Greg McLelland, Corus’ executive vice president and chief revenue officer, said unscripted series are a “huge” part of the broadcaster’s strategy from a “pure revenue standpoint” in part because it’s easier to work sponsorships into those shows.

“When we have those unscripted Canadian shows, our sales teams get extremely excited because we can now put brands right into the show, and we can extend the brand with those hosts because we’ve had such a long relationship with them and they’re great people to work with,” he said.

Other unscripted shows include History Channel’s “Yukon Rescue,” a new docuseries following an emergency response team, and “Sounds Black,” a four-part documentary about the origins of Black music in Canada featuring Kardinal Offishall, Maestro Fresh Wes, Deborah Cox and more.

Global’s homegrown scripted fare includes the B.C.-shot crime drama “Murder in a Small Town” with Vancouver’s Rossif Sutherland and Kristin Kreuk, set for fall, and the mid-season return of the Victor Garber legal drama “Family Law.”

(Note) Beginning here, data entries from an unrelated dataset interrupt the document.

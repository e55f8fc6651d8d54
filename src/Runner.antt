-- ===== src/Runner.antt =====
-- internal/runner/runner.go: how the harness is asked one case. An exchange over HTTP, with the state
-- of the case's context after it, is an argument; so are the durations that the clock measures.
pub mod Delivery
mod Examples
use dittobench_api.Base.{
  ℕ, zero, suc, ◌+◌, ◌-◌, String, Bool, true, false, not, Option, none, some, List, [], ◌∷◌, ◌++◌,
  ◌==◌, ltb, leb, ◌||◌, ◌&&◌, nat_eq, if◌then◌else◌,
}

-- ctx.Err(): nil, DeadlineExceeded or Canceled.
pub data Context : Type 0 where
  live expired cancelled : Context

-- The deadline of a case, in seconds; that of version 7 comes from the environment.
unfoldable pub per_case_timeout_for : ℕ → ℕ → ℕ
per_case_timeout_for v7_per_case_timeout bench_version =
    if leb 7 bench_version then v7_per_case_timeout else 120

unfoldable pub seed_timeout_for : ℕ → ℕ → ℕ → ℕ
seed_timeout_for v7_seed_timeout seed_timeout bench_version =
    if leb 7 bench_version && ltb seed_timeout v7_seed_timeout
    then v7_seed_timeout
    else seed_timeout

-- What comes of one POST: the request is not built, not sent, its response is not read, or it is
-- answered, with the response that the body decodes to, if it does.
pub data Exchange (Response : Type 0) : Type 0 where
  unbuilt : Exchange Response
  unsent : Context → Exchange Response
  unread : Context → ℕ → Exchange Response
  answered : ℕ → Option Response → Exchange Response

pub record AttemptTelemetry : Type 0 where
  pub attempt : ℕ
  pub duration_ms : ℕ
  pub outcome : String
  pub http_status : ℕ

-- runAttempt: the response, or whether a new attempt could succeed.
pub data Tried (Response : Type 0) : Type 0 where
  delivered : Response → Tried Response
  failed : Bool → Tried Response

-- The outcome of an error under a context.
unfoldable pub outcome_under : Context → String → String
outcome_under live outcome = outcome
outcome_under expired outcome = "timeout"
outcome_under cancelled outcome = "cancelled"

abbrev pub is_live : Context → Bool
is_live live = true
is_live expired = false
is_live cancelled = false

abbrev is_success : ℕ → Bool
is_success status = leb 200 status && ltb status 300

-- For a status that is no success.
unfoldable pub is_transient : ℕ → Bool
is_transient status = status == 429 || leb 500 status

unfoldable pub status_outcome : ℕ → String
status_outcome status =
    if status == 429
    then "rate_limited"
    else if leb 500 status
    then "server_error"
    else "client_error"

abbrev telemetry : ℕ → String → ℕ → AttemptTelemetry
telemetry duration outcome status = record {
  attempt = 0;
  duration_ms = duration;
  outcome = outcome;
  http_status = status;
}

module _ {Response : Type 0} where
  unfoldable pub run_attempt : ℕ → Exchange Response → Tried Response × AttemptTelemetry
  unfolding outcome_under is_transient status_outcome
  run_attempt duration unbuilt = (failed false, telemetry duration "request_build_error" 0)
  run_attempt duration (unsent c) =
      (failed (is_live c), telemetry duration (outcome_under c "connection_error") 0)
  run_attempt duration (unread c status) =
      (failed (is_live c), telemetry duration (outcome_under c "response_read_error") status)
  run_attempt duration (answered status body) =
      if not (is_success status)
      then (failed (is_transient status), telemetry duration (status_outcome status) status)
      else elim body [
        | none ↦ (failed false, telemetry duration "invalid_response" status)
        | some r ↦ (delivered r, telemetry duration "success" status)
      ]

pub record CaseExecution : Type 0 where
  pub attempts : List AttemptTelemetry
  pub total_duration_ms : ℕ
  pub timed_out : Bool
  pub cancelled : Bool
  pub terminal_outcome : String

-- What a case meets: whether its request is encoded, the exchange of each attempt, counted from 0, with
-- its duration, the context after the pause before an attempt, and the context at the end.
pub record World (Response : Type 0) : Type 0 where
  pub encoded : Bool
  pub exchange : ℕ → Exchange Response
  pub duration : ℕ → ℕ
  pub after_pause : ℕ → Context
  pub at_end : Context
  pub total : ℕ

-- The response of a case, none for an error, with its execution.
pub record Ran (Response : Type 0) : Type 0 where
  pub response : Option Response
  pub execution : CaseExecution

abbrev is_expired : Context → Bool
is_expired live = false
is_expired expired = true
is_expired cancelled = false

abbrev is_cancelled : Context → Bool
is_cancelled live = false
is_cancelled expired = false
is_cancelled cancelled = true

module _ {Response : Type 0} (world : World Response) where
  -- The function finish of runOneWithTelemetry.
  unfoldable pub finish_case : String → List AttemptTelemetry → Ran Response
  finish_case outcome attempts = record {
    response = none;
    execution = record {
      attempts = attempts;
      total_duration_ms = world.total;
      timed_out = is_expired world.at_end;
      cancelled = is_cancelled world.at_end;
      terminal_outcome = outcome;
    };
  }

  unfoldable pub succeed : Response → List AttemptTelemetry → Ran Response
  succeed r attempts = record {
    response = some r;
    execution = record {
      attempts = attempts;
      total_duration_ms = world.total;
      timed_out = false;
      cancelled = false;
      terminal_outcome = "success";
    };
  }

  -- The pause before an attempt, which the end of the context cuts short.
  unfoldable pub pause_before : ℕ → Context
  pause_before attempt = if attempt == 0 then live else world.after_pause attempt

  -- The loop, with the attempts that are left, the number of the next one, the telemetry so far and
  -- the outcome of the last attempt.
  unfoldable pub attempt_from : ℕ → ℕ → List AttemptTelemetry → String → Ran Response
  unfolding finish_case succeed pause_before run_attempt
  attempt_from zero attempt done last = finish_case last done
  attempt_from (suc left) attempt done last =
      let (tried, seen) = run_attempt (world.duration attempt) (world.exchange attempt) in
      let attempts = done ++ record seen { attempt = attempt + 1 } ∷ [] in
      let rest = attempt_from left (attempt + 1) attempts seen.outcome in
      elim (pause_before attempt) [
        | live ↦ elim tried [
          | delivered r ↦ succeed r attempts
          | failed retryable ↦ if retryable then rest else finish_case seen.outcome attempts
        ]
        | expired ↦ finish_case "timeout" done
        | cancelled ↦ finish_case "cancelled" done
      ]

  -- runOneWithTelemetry
  unfoldable pub run_one_with_telemetry : ℕ → Ran Response
  unfolding attempt_from
  run_one_with_telemetry run_attempts =
      if not world.encoded
      then finish_case "request_encode_error" []
      else attempt_from (if ltb run_attempts 1 then 1 else run_attempts) 0 [] "retry_exhausted"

The channel’s hip-hop drama “Robyn Hood,” a reimagining of the Robin Hood tale by Director X that premiered last September, is not returning due to poor ratings, said Reeb.

Global’s fall lineup includes U.S. imports delayed by last year’s Hollywood actors and writers strikes, including CBS’ gender-swapped “Matlock” starring Kathy Bates and the Damon Wayans comedy “Poppa’s House,” in which he plays a divorced radio host navigating his love life while parenting his adult son, played by Damon Wayans Jr.

Groups representing Canadian actors, writers and producers have said eased spending rules for Corus will hurt local creators and result in fewer original homegrown stories, but Reeb said Corus is “doing more than our part to support the Canadian ecosystem.”

He said more of the onus for CanCon should fall on streaming giants like Netflix and Disney Plus.

“We are a small part of the massive media ecosystem that is increasingly occupied by foreign streaming giants and foreign tech giants that are coming into Canada and gobbling up parts of the market and parts of the revenue streams. It’s incumbent on everybody to play their part,” he said.

Reeb added that Corus “will air more Canadian content across our networks this year than all of the streaming services combined,” including its news programs and unscripted series.

On Tuesday, the CRTC said online streaming services operating in Canada will be required to contribute five per cent of their revenues to support local news and the production of Canadian content.

Corus must contribute 30 per cent of its revenues to Canadian content.

Reeb said the move is “a very nice start.”